• Task goal:
Every line below that contains "fingerprint" is to be copied.
--- Data for this task ---
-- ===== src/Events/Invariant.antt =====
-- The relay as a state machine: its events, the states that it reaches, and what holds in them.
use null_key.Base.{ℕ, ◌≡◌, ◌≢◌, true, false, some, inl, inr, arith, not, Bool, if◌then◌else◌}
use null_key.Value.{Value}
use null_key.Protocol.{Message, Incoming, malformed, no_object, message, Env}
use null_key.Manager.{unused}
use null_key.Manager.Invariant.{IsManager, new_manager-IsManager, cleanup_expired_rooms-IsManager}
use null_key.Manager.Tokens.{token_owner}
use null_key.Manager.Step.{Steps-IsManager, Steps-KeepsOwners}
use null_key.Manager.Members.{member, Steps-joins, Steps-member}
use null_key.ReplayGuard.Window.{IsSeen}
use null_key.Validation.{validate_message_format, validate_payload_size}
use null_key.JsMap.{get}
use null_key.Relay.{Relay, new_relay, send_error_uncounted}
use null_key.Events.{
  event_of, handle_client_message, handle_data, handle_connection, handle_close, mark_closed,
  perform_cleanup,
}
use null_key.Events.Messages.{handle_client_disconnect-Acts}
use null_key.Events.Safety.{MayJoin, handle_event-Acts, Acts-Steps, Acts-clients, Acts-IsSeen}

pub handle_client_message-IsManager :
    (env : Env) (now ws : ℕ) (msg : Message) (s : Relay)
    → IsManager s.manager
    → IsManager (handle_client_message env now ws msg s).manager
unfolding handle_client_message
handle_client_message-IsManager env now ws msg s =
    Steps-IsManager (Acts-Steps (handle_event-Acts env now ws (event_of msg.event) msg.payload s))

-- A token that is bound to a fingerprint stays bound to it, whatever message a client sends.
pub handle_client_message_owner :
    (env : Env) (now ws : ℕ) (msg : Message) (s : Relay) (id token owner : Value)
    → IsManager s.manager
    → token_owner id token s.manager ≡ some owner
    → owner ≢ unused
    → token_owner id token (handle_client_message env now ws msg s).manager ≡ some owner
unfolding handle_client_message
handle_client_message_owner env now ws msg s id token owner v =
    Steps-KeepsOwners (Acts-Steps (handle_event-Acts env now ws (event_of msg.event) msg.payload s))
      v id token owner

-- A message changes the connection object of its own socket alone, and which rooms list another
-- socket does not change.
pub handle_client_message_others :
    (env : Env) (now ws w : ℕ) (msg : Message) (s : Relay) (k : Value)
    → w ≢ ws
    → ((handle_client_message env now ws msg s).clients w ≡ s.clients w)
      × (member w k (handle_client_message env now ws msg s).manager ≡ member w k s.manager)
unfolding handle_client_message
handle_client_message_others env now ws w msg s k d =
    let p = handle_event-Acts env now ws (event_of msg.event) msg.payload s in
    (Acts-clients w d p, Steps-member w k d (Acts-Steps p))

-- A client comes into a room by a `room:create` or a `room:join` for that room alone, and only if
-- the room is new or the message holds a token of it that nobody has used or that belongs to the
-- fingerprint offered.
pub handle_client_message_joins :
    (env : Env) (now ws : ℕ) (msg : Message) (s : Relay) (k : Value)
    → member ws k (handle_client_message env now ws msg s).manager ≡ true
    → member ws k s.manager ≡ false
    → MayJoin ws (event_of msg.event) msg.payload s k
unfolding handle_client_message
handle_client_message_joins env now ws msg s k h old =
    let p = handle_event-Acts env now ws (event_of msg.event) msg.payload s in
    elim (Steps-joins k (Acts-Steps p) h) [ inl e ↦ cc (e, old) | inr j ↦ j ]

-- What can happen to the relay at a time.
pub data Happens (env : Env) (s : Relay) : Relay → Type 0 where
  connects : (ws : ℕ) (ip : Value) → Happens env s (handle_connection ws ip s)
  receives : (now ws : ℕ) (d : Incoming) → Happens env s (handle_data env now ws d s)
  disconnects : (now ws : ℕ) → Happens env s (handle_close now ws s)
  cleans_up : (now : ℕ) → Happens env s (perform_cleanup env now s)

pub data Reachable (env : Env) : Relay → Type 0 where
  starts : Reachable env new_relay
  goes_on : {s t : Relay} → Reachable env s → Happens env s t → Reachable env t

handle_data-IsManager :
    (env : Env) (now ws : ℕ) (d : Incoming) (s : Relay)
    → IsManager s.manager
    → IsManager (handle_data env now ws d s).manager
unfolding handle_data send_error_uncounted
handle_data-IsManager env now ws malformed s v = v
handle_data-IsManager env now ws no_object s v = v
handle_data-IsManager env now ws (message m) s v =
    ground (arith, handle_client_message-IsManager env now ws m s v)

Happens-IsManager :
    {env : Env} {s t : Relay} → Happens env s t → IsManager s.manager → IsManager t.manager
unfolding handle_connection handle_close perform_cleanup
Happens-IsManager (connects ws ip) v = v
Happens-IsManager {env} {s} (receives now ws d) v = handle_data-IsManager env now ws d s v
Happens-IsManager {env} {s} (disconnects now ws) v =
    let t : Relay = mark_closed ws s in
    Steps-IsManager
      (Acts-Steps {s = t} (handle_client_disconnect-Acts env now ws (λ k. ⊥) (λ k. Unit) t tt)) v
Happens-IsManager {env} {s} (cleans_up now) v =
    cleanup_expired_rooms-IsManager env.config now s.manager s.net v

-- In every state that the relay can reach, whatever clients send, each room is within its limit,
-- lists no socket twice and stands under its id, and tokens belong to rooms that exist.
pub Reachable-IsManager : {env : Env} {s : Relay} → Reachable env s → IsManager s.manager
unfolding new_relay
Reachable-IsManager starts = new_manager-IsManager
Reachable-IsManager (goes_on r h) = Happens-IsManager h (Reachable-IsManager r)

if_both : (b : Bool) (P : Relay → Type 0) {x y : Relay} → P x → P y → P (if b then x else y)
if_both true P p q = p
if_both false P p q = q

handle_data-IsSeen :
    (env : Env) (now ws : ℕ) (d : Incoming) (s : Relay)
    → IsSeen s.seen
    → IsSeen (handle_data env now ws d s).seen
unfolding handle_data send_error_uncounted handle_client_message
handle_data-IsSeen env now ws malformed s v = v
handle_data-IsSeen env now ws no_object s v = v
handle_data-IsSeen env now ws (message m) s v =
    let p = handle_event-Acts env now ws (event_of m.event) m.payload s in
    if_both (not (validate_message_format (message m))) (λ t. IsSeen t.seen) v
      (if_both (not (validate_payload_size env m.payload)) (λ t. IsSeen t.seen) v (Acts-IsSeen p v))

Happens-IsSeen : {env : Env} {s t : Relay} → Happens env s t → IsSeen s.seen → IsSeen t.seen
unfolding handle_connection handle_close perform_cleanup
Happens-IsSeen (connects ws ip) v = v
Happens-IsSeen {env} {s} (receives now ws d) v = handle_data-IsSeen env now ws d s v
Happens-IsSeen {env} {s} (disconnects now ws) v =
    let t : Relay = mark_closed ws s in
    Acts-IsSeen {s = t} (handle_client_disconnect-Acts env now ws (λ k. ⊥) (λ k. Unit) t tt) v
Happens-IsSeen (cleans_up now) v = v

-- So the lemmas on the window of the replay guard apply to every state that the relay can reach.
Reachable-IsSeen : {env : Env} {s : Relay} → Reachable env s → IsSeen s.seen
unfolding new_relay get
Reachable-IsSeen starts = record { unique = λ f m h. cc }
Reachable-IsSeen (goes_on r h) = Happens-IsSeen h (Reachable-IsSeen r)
---
--- Data for this task ---
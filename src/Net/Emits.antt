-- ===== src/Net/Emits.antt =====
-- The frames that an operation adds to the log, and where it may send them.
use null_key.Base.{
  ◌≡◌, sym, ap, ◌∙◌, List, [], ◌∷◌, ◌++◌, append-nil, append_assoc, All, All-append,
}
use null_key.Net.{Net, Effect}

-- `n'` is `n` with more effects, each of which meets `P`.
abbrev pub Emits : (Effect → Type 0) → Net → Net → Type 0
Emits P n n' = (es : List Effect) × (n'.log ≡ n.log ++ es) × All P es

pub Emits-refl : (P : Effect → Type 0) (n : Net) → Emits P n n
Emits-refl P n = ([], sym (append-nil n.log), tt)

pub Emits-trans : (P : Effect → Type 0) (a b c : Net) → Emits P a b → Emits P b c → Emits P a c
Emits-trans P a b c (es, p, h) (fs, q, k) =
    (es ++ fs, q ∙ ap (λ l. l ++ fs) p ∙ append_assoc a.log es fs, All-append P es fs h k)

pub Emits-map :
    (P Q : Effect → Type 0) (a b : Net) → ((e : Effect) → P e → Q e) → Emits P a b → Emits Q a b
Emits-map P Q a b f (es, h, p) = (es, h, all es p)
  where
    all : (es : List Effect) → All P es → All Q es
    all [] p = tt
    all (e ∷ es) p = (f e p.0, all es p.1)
---
• Written response:
-- A token that is bound to a fingerprint stays bound to it, whatever message a client sends.
-- fingerprint offered.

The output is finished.